Exercise: Find the line in the entries below that contains "half_done = record". Repeat it exactly, and every line after it through the line that contains "abbrev pub two_jobs : OutboundQueue".

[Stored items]
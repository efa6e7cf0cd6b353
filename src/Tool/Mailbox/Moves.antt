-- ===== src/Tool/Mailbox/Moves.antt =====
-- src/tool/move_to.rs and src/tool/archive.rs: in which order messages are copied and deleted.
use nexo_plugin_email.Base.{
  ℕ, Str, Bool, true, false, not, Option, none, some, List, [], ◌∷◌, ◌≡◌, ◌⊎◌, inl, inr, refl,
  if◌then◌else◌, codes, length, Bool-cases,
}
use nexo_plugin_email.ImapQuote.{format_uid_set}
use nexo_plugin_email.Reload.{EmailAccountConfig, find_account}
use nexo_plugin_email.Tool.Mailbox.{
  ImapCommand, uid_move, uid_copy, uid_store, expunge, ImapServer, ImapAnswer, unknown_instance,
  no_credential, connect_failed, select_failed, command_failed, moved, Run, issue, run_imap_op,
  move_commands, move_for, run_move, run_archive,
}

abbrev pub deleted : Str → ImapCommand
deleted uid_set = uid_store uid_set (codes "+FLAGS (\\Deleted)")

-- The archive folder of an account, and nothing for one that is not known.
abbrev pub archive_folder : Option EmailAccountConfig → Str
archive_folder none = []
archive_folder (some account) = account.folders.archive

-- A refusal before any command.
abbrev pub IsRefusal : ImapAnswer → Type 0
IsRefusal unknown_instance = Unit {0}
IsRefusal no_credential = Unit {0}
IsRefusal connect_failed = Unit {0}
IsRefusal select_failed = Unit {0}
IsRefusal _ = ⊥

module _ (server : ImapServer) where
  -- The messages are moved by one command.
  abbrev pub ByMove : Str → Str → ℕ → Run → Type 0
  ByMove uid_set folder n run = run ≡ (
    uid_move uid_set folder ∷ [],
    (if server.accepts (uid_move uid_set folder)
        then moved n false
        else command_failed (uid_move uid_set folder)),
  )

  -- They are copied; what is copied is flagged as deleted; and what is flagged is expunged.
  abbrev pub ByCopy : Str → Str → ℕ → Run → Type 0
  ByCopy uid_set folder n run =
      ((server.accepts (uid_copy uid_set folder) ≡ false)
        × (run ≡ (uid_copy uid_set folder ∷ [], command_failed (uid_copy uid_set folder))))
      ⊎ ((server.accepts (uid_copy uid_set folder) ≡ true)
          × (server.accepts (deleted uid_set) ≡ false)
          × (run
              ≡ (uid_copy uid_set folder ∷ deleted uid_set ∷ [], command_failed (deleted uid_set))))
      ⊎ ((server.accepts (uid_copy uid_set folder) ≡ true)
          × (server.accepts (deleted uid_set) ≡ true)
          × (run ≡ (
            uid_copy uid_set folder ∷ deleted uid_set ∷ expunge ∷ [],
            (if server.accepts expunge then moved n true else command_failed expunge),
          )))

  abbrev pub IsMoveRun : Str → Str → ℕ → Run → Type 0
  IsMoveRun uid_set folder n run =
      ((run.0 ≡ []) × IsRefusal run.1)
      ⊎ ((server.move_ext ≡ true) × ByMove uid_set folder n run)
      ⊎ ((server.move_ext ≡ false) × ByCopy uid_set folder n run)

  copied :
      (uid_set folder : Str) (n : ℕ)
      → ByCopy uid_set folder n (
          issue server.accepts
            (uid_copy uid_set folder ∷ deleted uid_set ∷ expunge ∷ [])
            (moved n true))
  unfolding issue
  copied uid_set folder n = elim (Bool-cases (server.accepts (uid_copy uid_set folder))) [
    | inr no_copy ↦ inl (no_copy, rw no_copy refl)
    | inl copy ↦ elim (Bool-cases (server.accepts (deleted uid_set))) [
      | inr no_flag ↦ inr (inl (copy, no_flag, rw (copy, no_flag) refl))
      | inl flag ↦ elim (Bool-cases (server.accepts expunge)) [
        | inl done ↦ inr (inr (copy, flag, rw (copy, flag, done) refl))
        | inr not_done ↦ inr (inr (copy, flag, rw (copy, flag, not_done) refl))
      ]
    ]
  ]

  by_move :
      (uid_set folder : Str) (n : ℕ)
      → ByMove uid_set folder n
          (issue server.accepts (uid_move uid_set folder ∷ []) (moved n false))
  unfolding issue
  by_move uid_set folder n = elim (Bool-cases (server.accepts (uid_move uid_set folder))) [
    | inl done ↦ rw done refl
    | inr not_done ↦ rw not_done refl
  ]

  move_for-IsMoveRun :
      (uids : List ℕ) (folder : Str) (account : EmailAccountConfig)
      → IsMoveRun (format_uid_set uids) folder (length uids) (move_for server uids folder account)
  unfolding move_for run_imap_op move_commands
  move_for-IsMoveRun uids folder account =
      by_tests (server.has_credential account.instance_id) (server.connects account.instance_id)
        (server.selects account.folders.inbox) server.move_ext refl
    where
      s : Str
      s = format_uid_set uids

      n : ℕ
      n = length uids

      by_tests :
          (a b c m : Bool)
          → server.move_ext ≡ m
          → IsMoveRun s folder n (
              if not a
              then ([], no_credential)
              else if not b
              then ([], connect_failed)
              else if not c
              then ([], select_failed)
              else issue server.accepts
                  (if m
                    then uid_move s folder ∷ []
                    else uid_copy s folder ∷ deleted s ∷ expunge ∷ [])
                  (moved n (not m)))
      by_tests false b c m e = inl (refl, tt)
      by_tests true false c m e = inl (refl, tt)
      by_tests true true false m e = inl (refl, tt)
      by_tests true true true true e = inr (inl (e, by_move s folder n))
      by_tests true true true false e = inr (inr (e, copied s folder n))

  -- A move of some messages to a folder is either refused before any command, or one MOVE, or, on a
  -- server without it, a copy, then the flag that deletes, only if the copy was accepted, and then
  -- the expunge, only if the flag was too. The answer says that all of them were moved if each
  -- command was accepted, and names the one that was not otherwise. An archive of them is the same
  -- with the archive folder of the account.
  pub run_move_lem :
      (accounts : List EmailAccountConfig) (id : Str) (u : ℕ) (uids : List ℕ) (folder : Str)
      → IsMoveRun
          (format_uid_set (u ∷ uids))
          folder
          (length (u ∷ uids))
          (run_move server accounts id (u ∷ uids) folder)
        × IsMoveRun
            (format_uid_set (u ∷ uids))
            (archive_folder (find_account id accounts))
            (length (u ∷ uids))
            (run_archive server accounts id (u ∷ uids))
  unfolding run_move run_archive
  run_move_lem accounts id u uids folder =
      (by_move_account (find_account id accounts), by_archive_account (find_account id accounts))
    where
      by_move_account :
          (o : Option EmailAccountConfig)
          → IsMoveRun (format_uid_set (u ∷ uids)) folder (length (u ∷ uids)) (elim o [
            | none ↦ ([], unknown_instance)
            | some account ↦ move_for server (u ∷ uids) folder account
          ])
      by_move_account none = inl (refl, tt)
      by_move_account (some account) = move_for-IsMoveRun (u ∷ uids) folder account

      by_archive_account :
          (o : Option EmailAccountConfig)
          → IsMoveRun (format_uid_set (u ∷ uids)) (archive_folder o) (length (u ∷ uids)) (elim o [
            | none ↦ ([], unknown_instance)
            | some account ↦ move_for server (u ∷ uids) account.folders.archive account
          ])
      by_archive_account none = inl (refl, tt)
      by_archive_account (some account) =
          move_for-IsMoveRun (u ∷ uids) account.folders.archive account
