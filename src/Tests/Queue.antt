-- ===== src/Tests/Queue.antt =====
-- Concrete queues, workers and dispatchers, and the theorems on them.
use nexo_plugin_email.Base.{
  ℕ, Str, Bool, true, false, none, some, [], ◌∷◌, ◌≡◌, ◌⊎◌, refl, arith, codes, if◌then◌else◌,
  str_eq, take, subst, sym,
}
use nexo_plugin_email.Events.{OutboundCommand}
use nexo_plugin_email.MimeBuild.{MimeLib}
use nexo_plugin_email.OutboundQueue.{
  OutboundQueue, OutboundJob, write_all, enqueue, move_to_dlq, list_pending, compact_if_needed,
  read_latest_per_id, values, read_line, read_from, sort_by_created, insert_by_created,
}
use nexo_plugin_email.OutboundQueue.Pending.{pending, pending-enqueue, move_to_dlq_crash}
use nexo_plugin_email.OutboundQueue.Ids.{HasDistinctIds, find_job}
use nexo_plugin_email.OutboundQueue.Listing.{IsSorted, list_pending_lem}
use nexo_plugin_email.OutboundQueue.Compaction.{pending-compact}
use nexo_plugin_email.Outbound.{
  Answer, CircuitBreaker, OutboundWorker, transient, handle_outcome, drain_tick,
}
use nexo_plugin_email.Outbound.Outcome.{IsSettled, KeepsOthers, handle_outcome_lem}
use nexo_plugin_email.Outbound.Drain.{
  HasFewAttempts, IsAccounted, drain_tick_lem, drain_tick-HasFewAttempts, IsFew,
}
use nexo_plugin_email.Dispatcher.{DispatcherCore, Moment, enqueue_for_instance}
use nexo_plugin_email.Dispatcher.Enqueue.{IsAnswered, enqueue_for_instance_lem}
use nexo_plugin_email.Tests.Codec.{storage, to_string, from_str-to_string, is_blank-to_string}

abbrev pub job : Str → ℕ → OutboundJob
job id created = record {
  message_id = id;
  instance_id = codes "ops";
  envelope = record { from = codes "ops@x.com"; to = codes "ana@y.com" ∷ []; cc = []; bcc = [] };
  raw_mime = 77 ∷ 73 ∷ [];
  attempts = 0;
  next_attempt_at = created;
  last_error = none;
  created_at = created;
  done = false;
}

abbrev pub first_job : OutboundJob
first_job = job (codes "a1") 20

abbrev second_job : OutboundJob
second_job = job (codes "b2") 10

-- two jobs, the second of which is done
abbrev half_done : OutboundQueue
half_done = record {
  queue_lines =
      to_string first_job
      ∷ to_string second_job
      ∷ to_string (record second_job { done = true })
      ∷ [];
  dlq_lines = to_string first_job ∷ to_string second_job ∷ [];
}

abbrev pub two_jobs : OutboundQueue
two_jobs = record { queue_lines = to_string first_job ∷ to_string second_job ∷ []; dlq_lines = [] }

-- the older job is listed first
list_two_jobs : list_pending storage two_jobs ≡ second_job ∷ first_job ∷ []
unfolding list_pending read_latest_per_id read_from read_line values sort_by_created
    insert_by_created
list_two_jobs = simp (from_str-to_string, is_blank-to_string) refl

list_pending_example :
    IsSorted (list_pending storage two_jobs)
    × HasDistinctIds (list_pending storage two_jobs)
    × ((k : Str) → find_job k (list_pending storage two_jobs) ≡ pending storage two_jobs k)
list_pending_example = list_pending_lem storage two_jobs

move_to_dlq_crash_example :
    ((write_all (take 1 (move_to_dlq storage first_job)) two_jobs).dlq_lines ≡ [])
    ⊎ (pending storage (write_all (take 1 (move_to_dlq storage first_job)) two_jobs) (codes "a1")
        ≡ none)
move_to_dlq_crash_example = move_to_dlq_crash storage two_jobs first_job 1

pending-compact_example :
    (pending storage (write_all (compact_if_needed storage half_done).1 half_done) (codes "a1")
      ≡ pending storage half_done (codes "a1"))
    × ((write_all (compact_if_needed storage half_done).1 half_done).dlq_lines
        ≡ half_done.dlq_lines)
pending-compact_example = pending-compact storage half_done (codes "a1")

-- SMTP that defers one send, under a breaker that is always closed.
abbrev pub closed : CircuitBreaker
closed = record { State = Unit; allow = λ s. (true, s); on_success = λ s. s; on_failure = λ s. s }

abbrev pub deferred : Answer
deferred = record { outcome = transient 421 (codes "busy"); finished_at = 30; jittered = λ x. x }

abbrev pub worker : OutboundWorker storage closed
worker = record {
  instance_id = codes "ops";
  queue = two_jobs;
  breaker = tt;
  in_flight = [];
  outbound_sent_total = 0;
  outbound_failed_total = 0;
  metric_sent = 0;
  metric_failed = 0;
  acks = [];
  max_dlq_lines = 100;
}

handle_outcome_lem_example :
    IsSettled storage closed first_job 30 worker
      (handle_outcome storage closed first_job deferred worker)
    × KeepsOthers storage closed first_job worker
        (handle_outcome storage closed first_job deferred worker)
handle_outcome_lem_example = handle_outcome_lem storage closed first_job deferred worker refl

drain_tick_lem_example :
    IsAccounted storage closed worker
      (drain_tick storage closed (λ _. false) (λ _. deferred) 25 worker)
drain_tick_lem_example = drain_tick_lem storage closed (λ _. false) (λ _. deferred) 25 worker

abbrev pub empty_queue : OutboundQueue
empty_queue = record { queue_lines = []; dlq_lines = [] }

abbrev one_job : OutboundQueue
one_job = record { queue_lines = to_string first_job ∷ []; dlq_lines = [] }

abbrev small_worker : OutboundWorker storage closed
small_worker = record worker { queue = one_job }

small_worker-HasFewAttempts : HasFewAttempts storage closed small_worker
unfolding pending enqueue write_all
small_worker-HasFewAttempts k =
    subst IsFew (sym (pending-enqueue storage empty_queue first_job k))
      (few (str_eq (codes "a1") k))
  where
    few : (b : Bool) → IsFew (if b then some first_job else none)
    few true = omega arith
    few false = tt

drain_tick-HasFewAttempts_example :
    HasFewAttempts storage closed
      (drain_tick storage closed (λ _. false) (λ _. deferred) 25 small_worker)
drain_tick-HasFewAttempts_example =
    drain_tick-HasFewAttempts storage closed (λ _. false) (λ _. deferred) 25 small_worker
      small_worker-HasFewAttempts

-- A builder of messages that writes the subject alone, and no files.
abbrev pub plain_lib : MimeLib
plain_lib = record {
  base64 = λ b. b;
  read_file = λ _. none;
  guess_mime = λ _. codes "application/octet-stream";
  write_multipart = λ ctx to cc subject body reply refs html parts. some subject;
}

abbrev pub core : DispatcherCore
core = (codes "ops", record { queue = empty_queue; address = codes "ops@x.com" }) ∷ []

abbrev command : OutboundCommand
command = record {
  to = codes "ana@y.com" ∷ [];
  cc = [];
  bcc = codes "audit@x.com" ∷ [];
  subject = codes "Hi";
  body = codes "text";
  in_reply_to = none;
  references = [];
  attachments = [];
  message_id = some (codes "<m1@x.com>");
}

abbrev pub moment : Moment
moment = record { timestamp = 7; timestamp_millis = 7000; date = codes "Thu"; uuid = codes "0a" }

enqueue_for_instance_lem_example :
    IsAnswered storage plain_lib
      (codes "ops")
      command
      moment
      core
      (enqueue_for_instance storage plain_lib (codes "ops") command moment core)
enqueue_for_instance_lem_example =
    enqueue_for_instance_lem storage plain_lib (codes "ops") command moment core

Output of the task:
half_done = record {
  queue_lines =
      to_string first_job
      ∷ to_string second_job
      ∷ to_string (record second_job { done = true })
      ∷ [];
  dlq_lines = to_string first_job ∷ to_string second_job ∷ [];
}

abbrev pub two_jobs : OutboundQueue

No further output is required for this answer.